So when we have an $\alpha$ with $0 < \alpha < \pi$, I need to find a conformal map from
$S_\alpha = \{z \in \mathbb{C} ~|~ |z| > \frac{1}{2}, -\alpha < \arg(z) < \alpha\}$
to the open unit disk $\mathbb{D}$ but I have no idea how I can construct this. I tried to find a conformal map to the upper half plane but I can't find anything.
On
By taking logarithm, you map $S_\alpha$ to rectangular strip with one end at infinity.

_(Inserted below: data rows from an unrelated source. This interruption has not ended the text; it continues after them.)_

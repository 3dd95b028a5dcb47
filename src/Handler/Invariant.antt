-- ===== src/Handler/Invariant.antt =====
-- The rounds of the threads keep the account of a generation (fuzzer/fuzzer/handler.cpp:
-- `FuzzerProcessMonitor`, `FuzzerTraceRetriever`).
use fuzzer_goal_directed.Prelude.{
  ℕ, ◌+◌, ◌≤◌, ◌≡◌, refl, sym, ap, ◌∙◌, Option, none, some, [], arith, ltb, if◌then◌else◌, ◌&&◌,
  not, Option-cases, List-cases, Bool-cases, inl, inr,
}
use fuzzer_goal_directed.Result.{IfOk, IfOk-any, IfOk-mono, returned, >>=-IfOk, IfOk-ok}
use fuzzer_goal_directed.OrderedMap.{lookup}
use fuzzer_goal_directed.Trace.{get_trace}
use fuzzer_goal_directed.Measure.{Floats}
use fuzzer_goal_directed.Coverage.{CacheOps, GraphOps}
use fuzzer_goal_directed.Coverage.Trace.{add_trace}
use fuzzer_goal_directed.Processes.{empty, get_terminated_processes, watch, ProcessStatus, Waited}
use fuzzer_goal_directed.Processes.Laws.{gone, Entry, is_some, entry}
use fuzzer_goal_directed.Processes.Collect.{get_terminated_processes_lem, if_ended}
use fuzzer_goal_directed.Processes.Watch.{watch-IsTable, entry-watch, revised}
use fuzzer_goal_directed.Handler.{
  Handler, monitor_round, retriever_round, take_available, take_timedout, process, deliver_each,
  received,
}
use fuzzer_goal_directed.Handler.Steps.{
  Stage, launching, sending, completing, completed, Step, launches, announces, sees_all_sent,
  sees_all_processed, watches, monitors, retrieves, writes,
}
use fuzzer_goal_directed.Handler.Accounts.{pending, deliver_each-Delivered}
use fuzzer_goal_directed.Handler.Launching.{to_launch, IsAccounted, launch-IsAccounted}

is_some-revised : (found old : Option ProcessStatus) → is_some (revised found old) ≡ is_some old
is_some-revised found none = refl
is_some-revised none (some old) = refl
is_some-revised (some new) (some old) = refl

left_paired :
    (reported : Option ProcessStatus) (testcase : Option ℕ) (e : Entry)
    → reported ≡ if_ended e.status
    → is_some testcase ≡ is_some e.status
    → is_some (if is_some reported then none else testcase)
      ≡ is_some (if is_some (if_ended e.status) then gone else e).status
left_paired none testcase e h k = rw (sym h) k
left_paired (some st) testcase e h k = rw (sym h) refl

module _ {B G V : Type 0} where
  collected-IsAccounted :
      (lost : ℕ) (s : Stage) (h : Handler B G V)
      → IsAccounted lost (s, h)
      → let (ended, processes) = get_terminated_processes h.commander.child_processes in
        let collected = record h {
          commander = record (h.commander) { child_processes = processes };
        } in
        IsAccounted lost (s, deliver_each collected ended)
  collected-IsAccounted lost s h a =
      let t = h.commander.child_processes in
      let (ended, processes) = get_terminated_processes t in
      let collected = record h {
        commander = record (h.commander) { child_processes = processes };
      } in
      let (c, table) = get_terminated_processes_lem t a.paired.table in
      let d = deliver_each-Delivered collected ended a.paired.ids in
      record {
        paired = record {
          table = rw d.children table;
          pids = λ q.
              ap is_some (d.pids q)
              ∙ left_paired (lookup q ended) (lookup q h.commander.testcase_pids) (entry t q)
                  (c q).reported (a.paired.pids q)
              ∙ sym (ap (λ x. is_some x.status) (c q).left)
              ∙ sym (ap (λ x. is_some (lookup q x.pid_statuses)) d.children);
          ids = λ q i e. a.paired.ids q i (ground (arith, d.pids q, e));
        };
        owed =
            omega
              (arith, a.owed, d.pending, d.to_process, ap (λ r. r.processed_testcases) d.retriever);
        width = omega (arith, a.width, d.to_process);
      }

  monitor_round-IsAccounted :
      (lost : ℕ) (s : Stage) (h : Handler B G V)
      → IsAccounted lost (s, h)
      → IsAccounted lost (s, monitor_round h)
  unfolding monitor_round
  monitor_round-IsAccounted lost s h a = elim (Bool-cases (empty h.commander.child_processes)) [
    | inl e ↦ rw e (elim (Bool-cases (h.monitor.all_received && not h.monitor.all_sent)) [
      | inl f ↦ rw f (record {
        paired = record { table = a.paired.table; pids = a.paired.pids; ids = a.paired.ids };
        owed = a.owed;
        width = a.width;
      })
      | inr f ↦ rw f a
    ])
    | inr e ↦ rw e (collected-IsAccounted lost s h a)
  ]

  watched-IsAccounted :
      (lost : ℕ) (s : Stage) (h : Handler B G V) (elapsed : ℕ → ℕ) (waitpid : ℕ → Waited)
      → IsAccounted lost (s, h)
      → IsAccounted lost (
        s,
        record h {
          commander = record (h.commander) {
            child_processes = (watch elapsed waitpid h.commander.child_processes).0;
          };
        },
      )
  watched-IsAccounted lost s h elapsed waitpid a =
      let t = h.commander.child_processes in
      record {
        paired = record {
          table = watch-IsTable elapsed waitpid t a.paired.table;
          pids = λ q.
              a.paired.pids q
              ∙ sym (
                  ap (λ e. is_some e.status) (entry-watch elapsed waitpid t a.paired.table q)
                  ∙ is_some-revised _ (lookup q t.pid_statuses));
          ids = a.paired.ids;
        };
        owed = a.owed;
        width = a.width;
      }

  -- Between `h` and `h'`, the retriever counted at most `more` test cases that it did not take from a
  -- queue.
  pub record Retrieved (more : ℕ) (h h' : Handler B G V) : Type 0 where
    pub commander : h'.commander ≡ h.commander
    pub to_process : h'.to_process ≡ h.to_process
    pub owed :
        pending h' + h'.retriever.processed_testcases
        ≤ pending h + h.retriever.processed_testcases + more

  Retrieved-IsAccounted :
      (lost : ℕ) (s s' : Stage) (h h' : Handler B G V)
      → to_launch s' ≡ to_launch s
      → Retrieved 0 h h'
      → IsAccounted lost (s, h)
      → IsAccounted lost (s', h')
  Retrieved-IsAccounted lost s s' h h' e r a = record {
    paired = record {
      table = rw r.commander a.paired.table;
      pids = rw r.commander a.paired.pids;
      ids = rw r.commander a.paired.ids;
    };
    owed = omega (arith, a.owed, r.owed, r.to_process, e);
    width = omega (arith, a.width, r.to_process);
  }

  -- A step that touches neither the processes, nor the queues, nor what is counted.
  untouched :
      (lost : ℕ) (s s' : Stage) (h h' : Handler B G V)
      → to_launch s' ≡ to_launch s
      → h'.commander ≡ h.commander
      → h'.available_testcases ≡ h.available_testcases
      → h'.timedout_testcases ≡ h.timedout_testcases
      → h'.retriever.processed_testcases ≡ h.retriever.processed_testcases
      → h'.to_process ≡ h.to_process
      → IsAccounted lost (s, h)
      → IsAccounted lost (s', h')
  untouched lost s s' h h' e c q t p n a =
      Retrieved-IsAccounted lost s s' h h' e
        (record { commander = c; to_process = n; owed = rw (c, q, t, p) (omega arith) }) a

  pub take_timedout-Retrieved : (h : Handler B G V) → Retrieved 0 h (take_timedout h)
  unfolding take_timedout
  take_timedout-Retrieved h = record {
    commander = ground arith;
    to_process = ground arith;
    owed = ground arith;
  }

  module _ {W : Type 0} (blocks : CacheOps (ℕ × ℕ) B) (graph : GraphOps G) (vertices : CacheOps ℕ V)
      (floats : Floats W) where
    process-Retrieved :
        (h : Handler B G V) (i : ℕ)
        → IfOk (Retrieved 1 h) (process blocks graph vertices floats h i)
    unfolding process
    process-Retrieved h i = elim (Bool-cases (ltb i 1)) [
      | inl e ↦ rw e (returned h unchanged)
      | inr e ↦ rw e (elim (Option-cases (get_trace h.container i)) [
        | inl f ↦ rw f (returned h unchanged)
        | inr (trace, f) ↦ rw f (
            >>=-IfOk {P = λ k. Unit {0}} _
              (IfOk-any (add_trace blocks graph vertices floats h.knowledge i trace))
              (λ k u.
                returned _ (record { commander = refl; to_process = refl; owed = omega arith })))
      ])
    ]
      where
        unchanged : Retrieved 1 h h
        unchanged = record { commander = refl; to_process = refl; owed = omega arith }

    take_available-Retrieved :
        (h : Handler B G V) → IfOk (Retrieved 0 h) (take_available blocks graph vertices floats h)
    unfolding take_available
    take_available-Retrieved h = elim (List-cases h.available_testcases) [
      | inl e ↦
          rw e (returned _ (record { commander = refl; to_process = refl; owed = omega arith }))
      | inr (i, rest, e) ↦ rw e (
          IfOk-mono
            (λ h' r. record {
              commander = r.commander;
              to_process = r.to_process;
              owed = omega (arith, r.owed);
            })
            (process-Retrieved (received (record h { available_testcases = rest }) i) i))
    ]

    retriever_round-Retrieved :
        (h : Handler B G V) → IfOk (Retrieved 0 h) (retriever_round blocks graph vertices floats h)
    unfolding retriever_round
    retriever_round-Retrieved h = >>=-IfOk _ (take_available-Retrieved h) (λ h1 r.
        let late = take_timedout-Retrieved h1 in
        returned _ (record {
          commander = late.commander ∙ r.commander;
          to_process = late.to_process ∙ r.to_process;
          owed = omega (arith, r.owed, late.owed);
        }))

    -- Every step of a thread, of the target and of the main thread keeps the account of a generation.
    pub Step-IsAccounted :
        (lost : ℕ) {s t : Stage × Handler B G V}
        → Step blocks graph vertices floats s t
        → IsAccounted lost s
        → IsAccounted lost t
    Step-IsAccounted lost (launches h i rest timer outcome small u) a =
        launch-IsAccounted lost h i rest timer outcome small u a
    Step-IsAccounted lost (announces h) a =
        untouched lost (launching []) sending h _ refl refl refl refl refl refl a
    Step-IsAccounted lost (sees_all_sent h e) a =
        untouched lost sending completing h _ refl refl refl refl refl refl a
    Step-IsAccounted lost (sees_all_processed h e) a =
        untouched lost completing completed h _ refl refl refl refl refl refl a
    Step-IsAccounted lost (watches s h elapsed waitpid) a =
        watched-IsAccounted lost s h elapsed waitpid a
    Step-IsAccounted lost (monitors s h) a = monitor_round-IsAccounted lost s h a
    Step-IsAccounted lost (retrieves s h h' e) a =
        Retrieved-IsAccounted lost s s h h' refl (IfOk-ok (retriever_round-Retrieved h) e) a
    Step-IsAccounted lost (writes s h c) a = untouched lost s s h _ refl refl refl refl refl refl a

Scale and translate to have its vertices at $-\frac\pi2i$, $\frac\pi2i$, and $+\infty$. Now apply $z\mapsto e^{-z}$, and you have the right half of the unit disk, i..e, we have a line and a circular arc meeting at $90^\circ$ angles in $\pm i$. Apply the Möbius transform $z\mapsto\frac{z+i}{z-i}$ that sends $i$ to infinity to arrive at a quarter plane with vertex at $0$. Square to arrive at a half plane. From here, you know the way to the unit disk.
Assuming you can map a half disc to a disc, consider this: $z\to 1/z$ maps your $S_\alpha$ to the sector
$$\{|z|<2, -\alpha < \arg z < \alpha \}.$$
Follow this with the map $z\to z^{\pi/(2\alpha)}$ to obtain a half disc.